Comme une lettre à la poste, le projet de loi de finances rectificative portant budget de l’État pour l’année 2023 présenté, par le ministre des Finances et du Budget, Adama Coulibaly, dans l’après-midi du samedi 16 décembre 2023, devant la Commission des affaires économiques et financières du Sénat, a été adopté à l’unanimité des membres de cette commission. Ce, en moins d’une heure.
Ce projet de loi de finances rectificative prend en compte l’ensemble des conjonctures, la hausse des recettes et la hausse du remboursement de la dette publique. Ce texte vise à refléter essentiellement les évolutions qui sont intervenues dans l’environnement national. Cet environnement, lui-même, a été impacté par l’environnement international. Créant ainsi des situations qui ont conduit à une modification du budget, qui ont été prises en compte tant en ressources qu’en dépenses.

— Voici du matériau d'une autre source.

-- ===== src/Memory.antt =====
-- ViOS64Bit/src/memory/memory.c: the block operations on bytes, and the E820 memory map.
pub mod Blocks
pub mod Map
mod Tests
use vi_os.Prelude.{
  ℕ, zero, suc, ◌+◌, ◌%◌, ◌^◌, Bool, List, [], ◌∷◌, Option, none, some, ltb, leb, ◌==◌,
  if◌then◌else◌, get_elem?, length, Run, ok, fault, ℤ, pos, neg, add64,
}

-- The bytes at all addresses.
abbrev pub Bytes : Type 0
Bytes = ℕ → ℕ

abbrev pub put : Bytes → ℕ → ℕ → Bytes
put m p v a = if a == p then v else m a

pub memset_loop : ℕ → Bytes → ℕ → ℕ → Bytes
memset_loop zero m ptr c = m
memset_loop (suc rounds) m ptr c = memset_loop rounds (put m ptr (c % 256)) (ptr + 1) c

-- The counter is an `int`, which overflows at a size of `2 ^ 31`.
unfoldable pub memset : Bytes → ℕ → ℕ → ℕ → Run Bytes
unfolding memset_loop
memset m ptr c size = if ltb size (2 ^ 31) then ok (memset_loop size m ptr c) else fault

pub memcpy_loop : ℕ → Bytes → ℕ → ℕ → Bytes
memcpy_loop zero m d s = m
memcpy_loop (suc len) m d s = memcpy_loop len (put m d (m s)) (d + 1) (s + 1)

-- The length is an `int`: one whose low 32 bits are negative counts down past the smallest `int`.
unfoldable pub memcpy : Bytes → ℕ → ℕ → ℕ → Run Bytes
unfolding memcpy_loop
memcpy m dest src len =
    if ltb (len % 2 ^ 32) (2 ^ 31) then ok (memcpy_loop (len % 2 ^ 32) m dest src) else fault

-- The order of `char`, which is signed.
abbrev pub ltb_char : ℕ → ℕ → Bool
ltb_char x y = ltb ((x + 128) % 256) ((y + 128) % 256)

pub memcmp : ℕ → Bytes → ℕ → ℕ → ℤ
memcmp zero m s1 s2 = pos 0
memcmp (suc count) m s1 s2 =
    let rest = memcmp count m (s1 + 1) (s2 + 1) in
    if m s1 == m s2 then rest else if ltb_char (m s1) (m s2) then neg 1 else pos 1

-- `struct e820_entry`, less the extended attributes.
pub record E820Entry : Type 0 where
  pub base_addr : ℕ
  pub size : ℕ
  pub type : ℕ

-- The map is the list of its entries.
pub e820_total_entries : List E820Entry → ℕ
e820_total_entries entries = length entries

pub e820_entry : List E820Entry → ℕ → Option E820Entry
unfolding e820_total_entries
e820_entry entries index =
    if leb (e820_total_entries entries) index then none else get_elem? entries index

pub largest_loop : List E820Entry → Option E820Entry → Option E820Entry
largest_loop [] chosen = chosen
largest_loop (entry ∷ entries) chosen = largest_loop entries (
    if entry.type == 1
    then elim chosen [
      | none ↦ some entry
      | some c ↦ if ltb c.size entry.size then some entry else some c
    ]
    else chosen)

pub e820_largest_free_entry : List E820Entry → Option E820Entry
unfolding largest_loop
e820_largest_free_entry entries = largest_loop entries none

pub accessible_loop : List E820Entry → ℕ → ℕ
accessible_loop [] total_memory = total_memory
accessible_loop (entry ∷ entries) total_memory =
    accessible_loop entries
      (if entry.type == 1 then add64 total_memory entry.size else total_memory)

pub e820_total_accessible_memory : List E820Entry → ℕ
unfolding accessible_loop
e820_total_accessible_memory entries = accessible_loop entries 0
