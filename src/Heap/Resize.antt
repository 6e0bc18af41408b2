-- ===== src/Heap/Resize.antt =====
-- zalloc, realloc and the totals of ViOS64Bit/src/memory/heap/heap.c.
use vi_os.Prelude.{
  ℕ, zero, suc, ◌+◌, ◌-◌, ◌/◌, Bool, true, false, List, [], ◌∷◌, leb, ◌==◌, if◌then◌else◌, Run, ok,
  fault, ◌>>=◌, load, store, ℤ, pos, negsuc, add64, sub64, mul64,
}
use vi_os.Config.{heap_block_size}
use vi_os.Memory.{Bytes, memset, memcpy}
use vi_os.Heap.{
  Heap, malloc, free, mark_blocks_free, allocation_block_count, address_to_block, is_taken,
  with_next, without_next, get_entry_type, align_value_to_upper, entry_taken, entry_has_next,
}

pub zalloc : Heap → Bytes → ℕ → Run (ℕ × Heap × Bytes)
unfolding malloc memset
zalloc heap m size = do
  (ptr, heap') ← malloc heap size
  if ptr == 0 then ok (0, heap', m) else (memset m ptr 0x00 size >>= λ m'. ok (ptr, heap', m'))

-- `rounds` blocks are left, from `i` on.
pub range_free_loop : ℕ → List ℕ → ℕ → Run Bool
range_free_loop zero es i = ok true
range_free_loop (suc rounds) es i = do
  entry ← load es i
  let rest = range_free_loop rounds es (i + 1)
  if is_taken entry then ok false else rest

pub is_block_range_free : Heap → ℕ → ℕ → Run Bool
unfolding range_free_loop
is_block_range_free heap starting_block ending_block =
    range_free_loop (ending_block + 1 - starting_block) heap.entries starting_block

pub extend_loop : ℕ → ℕ → List ℕ → Run (List ℕ)
extend_loop zero i es = ok es
extend_loop (suc rounds) i es =
    store es i (entry_taken + entry_has_next) >>= extend_loop rounds (i + 1)

-- Gives back the blocks of an allocation of `current` blocks behind its first `new_total`.
pub shrink : Heap → ℕ → ℕ → ℕ → Run Heap
unfolding mark_blocks_free
shrink heap starting_block current new_total = do
  heap' ← mark_blocks_free heap (pos (starting_block + new_total))
  es ←
      (if new_total == 0 then ok heap'.entries else (do
        entry ← load heap'.entries (starting_block + new_total - 1)
        store heap'.entries (starting_block + new_total - 1) (without_next entry)))
  let freed_blocks = current - new_total
  ok (record heap' {
    entries = es;
    used_blocks = sub64 heap'.used_blocks freed_blocks;
    free_blocks = add64 heap'.free_blocks freed_blocks;
  })

-- Takes `extra` free blocks behind an allocation that ends before `extension_start`.
pub extend : Heap → ℕ → ℕ → Run Heap
unfolding extend_loop
extend heap zero extra = fault
extend heap (suc ending_block) extra = do
  es ← extend_loop (extra - 1) (suc ending_block) heap.entries
  es ← store es (suc ending_block + extra - 1) entry_taken
  entry ← load es ending_block
  es ← store es ending_block (with_next entry)
  ok (record heap {
    entries = es;
    used_blocks = add64 heap.used_blocks extra;
    free_blocks = sub64 heap.free_blocks extra;
  })

-- The last resort: a new allocation that takes over the old bytes.
pub move : Heap → Bytes → ℕ → ℕ → ℕ → Run (ℕ × Heap × Bytes)
unfolding zalloc memcpy free
move heap m old_ptr old_total_size new_size_aligned = do
  (new_addr, heap', m') ← zalloc heap m new_size_aligned
  if new_addr == 0 then ok (0, heap', m') else (do
    m'' ← memcpy m' new_addr old_ptr old_total_size
    heap'' ← free heap' old_ptr
    ok (new_addr, heap'', m''))

-- A block index below 0 makes the first access to the table fault.
pub resize_at : Heap → Bytes → ℕ → ℤ → ℕ → ℕ → Run (ℕ × Heap × Bytes)
unfolding shrink extend move is_block_range_free
resize_at heap m old_ptr (negsuc _) current new_size_aligned =
    if current == new_size_aligned / heap_block_size then ok (old_ptr, heap, m) else fault
resize_at heap m old_ptr (pos starting_block) current new_size_aligned =
    let new_total = new_size_aligned / heap_block_size in
    let extra = new_total - current in
    let extension_start = starting_block + current in
    if leb new_total current
    then (if current == new_total
        then ok (old_ptr, heap, m)
        else (shrink heap starting_block current new_total >>= λ heap'. ok (old_ptr, heap', m)))
    else (do
      available ← is_block_range_free heap extension_start (extension_start + extra - 1)
      if available
          then (extend heap extension_start extra >>= λ heap'. ok (old_ptr, heap', m))
          else move heap m old_ptr (mul64 current heap_block_size) new_size_aligned)

pub realloc : Heap → Bytes → ℕ → ℕ → Run (ℕ × Heap × Bytes)
unfolding malloc free allocation_block_count address_to_block resize_at align_value_to_upper
realloc heap m old_ptr new_size =
    if old_ptr == 0
    then (malloc heap new_size >>= λ (ptr, heap'). ok (ptr, heap', m))
    else (if new_size == 0 then (free heap old_ptr >>= λ heap'. ok (0, heap', m)) else (do
      current ← allocation_block_count heap old_ptr
      resize_at heap m old_ptr (address_to_block heap old_ptr) current
          (align_value_to_upper new_size)))

pub total_size : Heap → ℕ
total_size heap = mul64 heap.total heap_block_size

pub used_loop : ℕ → List ℕ → ℕ → Run ℕ
used_loop zero es sum = ok sum
used_loop (suc rounds) [] sum = fault
used_loop (suc rounds) (entry ∷ es) sum =
    used_loop rounds es
      (if get_entry_type entry == entry_taken then add64 sum heap_block_size else sum)

pub total_used : Heap → Run ℕ
unfolding used_loop
total_used heap = used_loop heap.total heap.entries 0

pub total_available : Heap → Run ℕ
unfolding total_used total_size
total_available heap = total_used heap >>= λ used. ok (sub64 (total_size heap) used)
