-- ===== src/Heap/Tests.antt =====
-- Runs of the allocator on a pool of four blocks, and the theorems about it at such heaps.
use vi_os.Prelude.{
  add64, ℕ, ◌+◌, ◌*◌, ◌≡◌, refl, ◌⊎◌, inl, false, List, [], ◌∷◌, replicate, ok, arith, neg, sub64,
  ◌>>=◌,
}
use vi_os.Config.{heap_block_size, e_invarg}
use vi_os.Heap.{Call, Heap, create, malloc, free}
use vi_os.Heap.Layout.{Seg, gap, alloc, encode, taken_blocks, IsLaid}
use vi_os.Heap.Create.{create-misaligned}
use vi_os.Heap.Malloc.{Succeeds, Fails, last_block, malloc-refines}
use vi_os.Heap.Release.{address_of, release, release_count, free-refines, free-neighbour}

abbrev pool : ℕ
pool = 0x0100_0000

-- A heap of four blocks with the given table and count of taken blocks.
abbrev heap_of : List ℕ → ℕ → ℕ → Heap
heap_of es used available = record {
  entries = es;
  total = 4;
  saddr = pool;
  eaddr = pool + 4 * heap_block_size;
  total_blocks = 4;
  free_blocks = available;
  used_blocks = used;
  allocated_callback = false;
  free_callback = false;
  calls = [];
}

abbrev fresh : Heap
fresh = heap_of (replicate 4 0) 0 4

abbrev unset : Heap
unset = heap_of [] 0 0

abbrev gaps : List Seg
gaps = replicate 4 gap

-- Two blocks, then one block, then a free one.
abbrev packed : Heap
packed = heap_of (0xc1 ∷ 0x81 ∷ 0x41 ∷ 0 ∷ []) 3 1

abbrev packed_segs : List Seg
packed_segs = alloc 1 ∷ alloc 0 ∷ gap ∷ []

-- Two blocks, then two free ones.
abbrev loose : Heap
loose = heap_of (0xc1 ∷ 0x81 ∷ 0 ∷ 0 ∷ []) 2 2

two_allocations : (malloc fresh 5000 >>= λ (a, h). malloc h 1) ≡ ok (pool + 2 * 4096, packed)
unfolding malloc
two_allocations = refl

freed_both : (free packed pool >>= λ h. ok h.entries) ≡ ok (replicate 4 0)
unfolding free
freed_both = refl

fresh-IsLaid : IsLaid fresh gaps
unfolding encode taken_blocks
fresh-IsLaid = record {
  table = refl;
  whole = refl;
  used = refl;
  available = refl;
  start = omega arith;
  room = omega arith;
}

packed-IsLaid : IsLaid packed packed_segs
unfolding encode taken_blocks
packed-IsLaid = record {
  table = refl;
  whole = refl;
  used = refl;
  available = refl;
  start = omega arith;
  room = omega arith;
}

loose-IsLaid : IsLaid loose (alloc 1 ∷ gap ∷ gap ∷ [])
unfolding encode taken_blocks
loose-IsLaid = record {
  table = refl;
  whole = refl;
  used = refl;
  available = refl;
  start = omega arith;
  room = omega arith;
}

create-misaligned_example : create unset 12 8192 [] 2 ≡ ok (neg e_invarg, unset)
create-misaligned_example = create-misaligned unset 12 8192 [] 2 (inl (omega arith))

malloc-refines_example :
    Succeeds packed packed_segs (last_block 100) (malloc packed 100)
    ⊎ Fails packed packed_segs (last_block 100) (malloc packed 100)
malloc-refines_example =
    malloc-refines packed packed_segs 100 packed-IsLaid (omega arith) (omega arith)

free-refines_example :
    (calls' : List Call) × (free packed (address_of packed [])
      ≡ ok (record packed {
        entries = encode (release packed_segs);
        calls = calls';
        used_blocks = sub64 3 (release_count packed_segs);
        free_blocks = add64 1 (release_count packed_segs);
      }))
free-refines_example = free-refines packed [] packed_segs packed-IsLaid

free-neighbour_example :
    (h' : Heap) × (rest : List Seg) × (free packed (address_of packed []) ≡ ok h')
    × (h'.entries ≡ encode (gap ∷ gap ∷ gap ∷ rest))
free-neighbour_example = free-neighbour packed [] (gap ∷ []) 0 0 packed-IsLaid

Dans la masse des ressources qui ont entraîné le bouleversement de ce budget, il y a d’importants investissements (à hauteur de 500 milliards de FCFA) qui ont été réalisés aux bénéfices des populations. Peu avant, le commissaire du gouvernement a exposé sur les facteurs de la hausse qui a modifié ce projet collectif de budget 2023. Le ministre Adama Coulibaly a indiqué que ce projet collectif du budget a été impacté par un certain nombre de changements au niveau des ressources. Notamment par la prise en compte de ressources attendues du Fonds Monétaire International (Fmi) dans le cadre du programme économique et financier (603 milliards FCFA pour l’année).
Il y a eu également l’appui budgétaire attendu de la Banque mondiale, de l’Agence Française de Développement (Afd) et de la Bad. Il y a eu aussi la prise en compte du programme conversion des dettes avec le gouvernement espagnol , les nouveaux accords de financements extérieurs de projets non initialement prévus et signés en cours d’année 2023, et la révision à la baisse des émissions de titres et l’évolution des hypothèses ayant servi de base aux projections.
« Ce sont des éléments qui viennent conforter les recettes de l’Etat d’une manière générale. (…) Nous avons eu à faire des dépenses de soutien à nos cotonculteurs. Le coton a souffert de la maladie « jasside », donc on a dû apporter un soutien aux cotonculteurs à hauteur de 25 milliards de FCFA. Nous avons également apporté notre soutien à notre compagnie nationale Air Côte d’Ivoire à hauteur de 20 milliards de FCFA. Nous avons poursuivi également les actions visant à atténuer l’impact de la guerre en Ukraine sur nos populations. Nous avons soutenu les meuniers pour faire en sorte que le prix du blé soit amorti de manière à ce que le prix du pain au niveau des boulangeries ne puisse pas augmenter. (…) Ce sont au total 500 milliards de FCFA qui ont été investis dans les projets qui sont porteurs de progrès sociaux pour nos populations », a fait savoir le ministre Adama Coulibaly.
Ainsi, le nouvel équilibre du budget 2023 est arrêté en ressources et en dépenses à 12 508 728 150 801 milliards de FCFA contre 11 694 363 921 834 milliards de FCFA prévus initialement , soit une hausse globale nette de 814,4 milliards de FCFA. « Les modifications proposées dans le projet collectif de budget pour l’année 2023, s’inscrivent dans la poursuite des efforts déployés par le gouvernement afin d’atteindre les objectifs de développement économique et social qui ont pour finalité l’amélioration du bien-être de l’ensemble des populations », a indiqué le commissaire du gouvernement.